# Suffragette - Blu-ray Review



## Mike Edwards (Mar 10, 2011)

[img]http://www.hometheatershack.com/gallery/file.php?n=64402[/img] 
*Title: Suffragette* 

*Movie:* :3.5stars:
*Video:* :4.5stars:
*Audio:* :4stars: 
*Extras:* :2.5stars: 


*HTS Overall Score:*79




[img]http://www.hometheatershack.com/gallery/file.php?n=64410[/img]*Summary*
It’s very easy to take for granted the rights and privileges that we have today in modern society. We can quibble and complain about how unfair things are for us, and debate the details of feminism and social rights till our face is blue, but we have to admit that in the Western civilized world we live in an era of unprecedented freedom. All it takes is to look back a couple decades, let alone an entire century to see that things have changed drastically for the modern man (and in this case woman). Today we take it as common practice that women and men can vote with equal ease, but not that long ago it wasn’t a common thing. My childhood association with the Suffragette movement was Mrs. Banks in “Mary Poppins”, singing at the top of her lungs and driving Mr. Banks batty with her joyful cries of “votes for women!” accompanied with jokes about someone being hauled off in irons. The fact of the matter is that those jokes and soft Disney veneer was used to keep children from being inundated with the incredibly bleak situation that was one of the world’s most important movements.

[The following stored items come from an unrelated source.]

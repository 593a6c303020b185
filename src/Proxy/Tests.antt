-- ===== src/Proxy/Tests.antt =====
-- Rounds of the loop for a document viewer with a menubar.
use noctalia_appmenu.Prelude.{
  ◌≡◌, refl, true, false, [], ◌∷◌, map, ◌++◌, Option, none, some, arith, Text, codes, from_secs,
  from_millis, trim, is_whitespace,
}
use noctalia_appmenu.Prelude.Map.{empty_map, mutex}
use noctalia_appmenu.Menu.Tree.{MenuItem, Everywhere, item, blank}
use noctalia_appmenu.Desktop.Fallback.Shape.{IsNumbered}
use noctalia_appmenu.Active.Snapshot.{empty as no_snapshot}
use noctalia_appmenu.Config.{default_config}
use noctalia_appmenu.Atspi.Skip.{unlearned, should_skip, record_negative}
use noctalia_appmenu.Atspi.Cache.{get}
use noctalia_appmenu.Proxy.Write.{
  MenuSource, empty, desktop_fallback, Payload, payload_of, Writer, Disk,
}
use noctalia_appmenu.Proxy.Write.Laws.{last_of}
use noctalia_appmenu.Proxy.Loop.{
  Bridge, walked, walk_failed, focus_changed, refresh_kick, Round, round, run_loop, start, usable,
  resolve_menu, publish_props, eager_write, after_walk,
}
use noctalia_appmenu.Proxy.Loop.Spec.{memory, spec_run, run_loop-start}
use noctalia_appmenu.Proxy.Loop.Truth.{IsTrue, round-IsTrue}
use noctalia_appmenu.Proxy.Loop.Fallback.{IsFallback, at_choice, round-IsFallback}
use noctalia_appmenu.Proxy.Loop.Pushes.{end_of, changes, run_requests, run_loop-pushed}
use noctalia_appmenu.Proxy.Loop.Walks.{Walks}
use noctalia_appmenu.Proxy.Loop.Cached.{unlooking, run_loop-cached}
use noctalia_appmenu.Desktop.Tests.{machine, no_memos}

abbrev pub encode : Payload → Text
encode p = p.app_id ++ (b'|' ∷ p.source)

abbrev unwritten : Writer
unwritten = record { last_body = none; file = none; pushed = [] }

abbrev pub fresh : Bridge
fresh = record {
  learned = unlearned;
  menus = mutex empty_map;
  resolved = no_memos;
  writer = unwritten;
  props = record { bus_name = []; object_path = []; app_id = []; title = [] };
}

abbrev menubar : MenuItem
menubar = item blank (item blank (item blank [] ∷ []) ∷ [])

abbrev pub works : Disk
works = record { writes = true; left = none }

abbrev pub reading : Round
reading = record {
  wake = focus_changed;
  snapshot = record {
    focus_pid = 42;
    focus_winid = 7;
    app_id = codes "org.kde.okular";
    title = codes "paper.pdf";
    menu_service = [];
    menu_path = none;
  };
  eager_at = 1;
  eager_resolve_at = 2;
  skip_at = 3;
  cache_at = 4;
  learned_at = 5;
  final_resolve_at = 6;
  eager_disk = works;
  final_disk = works;
  signals_sent = true;
  walk = λ _. walked (some menubar) (from_millis 20);
  restarted = false;
}

round-IsTrue_example :
    (menu : Option MenuItem) × (source : MenuSource) × IsTrue default_config machine encode reading
      fresh source menu
    × ((round default_config machine encode reading fresh).0.writer.file
        ≡ some (encode (payload_of reading.snapshot menu source)))
    × (last_of (round default_config machine encode reading fresh).0.writer.pushed
        ≡ some (encode (payload_of reading.snapshot menu source)))
round-IsTrue_example = round-IsTrue default_config machine encode reading fresh refl refl refl tt

walks : Walks default_config machine encode reading fresh (some menubar) (from_millis 20)
unfolding should_skip get
walks = ((λ e. absurd (ground arith)), refl, refl, refl)

-- The refresh that a stale click asks for.
abbrev refresh : Round
refresh = record reading { wake = refresh_kick; cache_at = from_secs 10 }

-- Another window, and then the first one again.
abbrev elsewhere : Round
elsewhere = record reading { snapshot = record reading.snapshot { focus_winid = 9 } }

run_loop-cached_example :
    run_loop default_config machine encode
      (round default_config machine encode reading fresh).0
      (elsewhere ∷ refresh ∷ [])
    ≡ run_loop default_config machine encode (round default_config machine encode reading fresh).0 (
        map
          (unlooking default_config machine encode (codes "org.kde.okular") 42 7)
          (elsewhere ∷ refresh ∷ []))
run_loop-cached_example =
    run_loop-cached default_config machine encode reading fresh (some menubar) (from_millis 20)
      (elsewhere ∷ refresh ∷ []) refl walks refl (omega arith, (omega arith, tt))

run_loop-start_example :
    map
      (λ t. t.writer.file)
      (run_loop default_config machine encode
        (start default_config machine encode works fresh)
        (reading ∷ refresh ∷ []))
    ≡ map
        (λ p. some (encode p))
        (spec_run default_config machine encode (memory fresh) (reading ∷ refresh ∷ []))
run_loop-start_example =
    run_loop-start default_config machine encode works fresh (reading ∷ refresh ∷ [])
      ((refl, refl, refl), ((refl, refl, refl), tt))

-- The tree cannot be walked.
abbrev pub unreadable_round : Round
unreadable_round = record reading { walk = λ _. walk_failed }

pub nothing_usable :
    usable default_config machine encode
      (at_choice default_config machine encode unreadable_round fresh).1
    ≡ none
unfolding should_skip get usable resolve_menu publish_props eager_write after_walk
nothing_usable = refl

round-IsFallback_example :
    (m : MenuItem) × IsFallback machine
      (at_choice default_config machine encode unreadable_round fresh).0.resolved
      6
      (trim (codes "org.kde.okular"))
      m
    × Everywhere IsNumbered m
    × ((round default_config machine encode unreadable_round fresh).0.writer.file
        ≡ some (encode (payload_of reading.snapshot (some m) desktop_fallback)))
    × (last_of (round default_config machine encode unreadable_round fresh).0.writer.pushed
        ≡ some (encode (payload_of reading.snapshot (some m) desktop_fallback)))
unfolding trim is_whitespace
round-IsFallback_example =
    round-IsFallback default_config machine encode unreadable_round fresh refl refl refl tt
      (λ e. absurd (ground arith)) refl refl nothing_usable

run_loop-pushed_example :
    (end_of (start default_config machine encode works fresh) (
      run_loop default_config machine encode
        (start default_config machine encode works fresh)
        (reading ∷ refresh ∷ []))).writer.pushed
    ≡ []
      ++ changes none (
          (false, encode (payload_of no_snapshot none empty))
          ∷ run_requests default_config machine encode (memory fresh) (reading ∷ refresh ∷ []))
run_loop-pushed_example =
    run_loop-pushed default_config machine encode works fresh (reading ∷ refresh ∷ []) refl
      ((refl, refl, refl), ((refl, refl, refl), tt))

-- A viewer whose walk found no menubar, at the instant 0, after 1 ms.
abbrev bare : Bridge
bare = record fresh {
  learned = record_negative unlearned 0 (codes "org.kde.okular") (from_millis 1);
}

The year is 1912, and the place is London. While we have the modern automobile and modern paving, along with a solid system of parliamentary government, England is not exactly on the forefront of allowing women equal voting rights as men. Back then it was commonly thought that a woman didn’t have the necessary faculties of logic and reason as men did, and thus should not be allowed to vote and make policy changes due to that inferiority. However, not all men felt that way, and women most CERTAINLY did not. Maud Watts (Carey Mulligan) is one of those dissatisfied women, working a menial job and not given the same rights that her male counterparts are enjoying. She has no intent on being one of the suffragette women who throw bricks through establishment windows and protest with the mysterious Mrs. Pankhurst (Meryl Streep), but rather is beaten down by the constant abuse heaped on her by her boss and the knowledge that there’s really nothing she can do.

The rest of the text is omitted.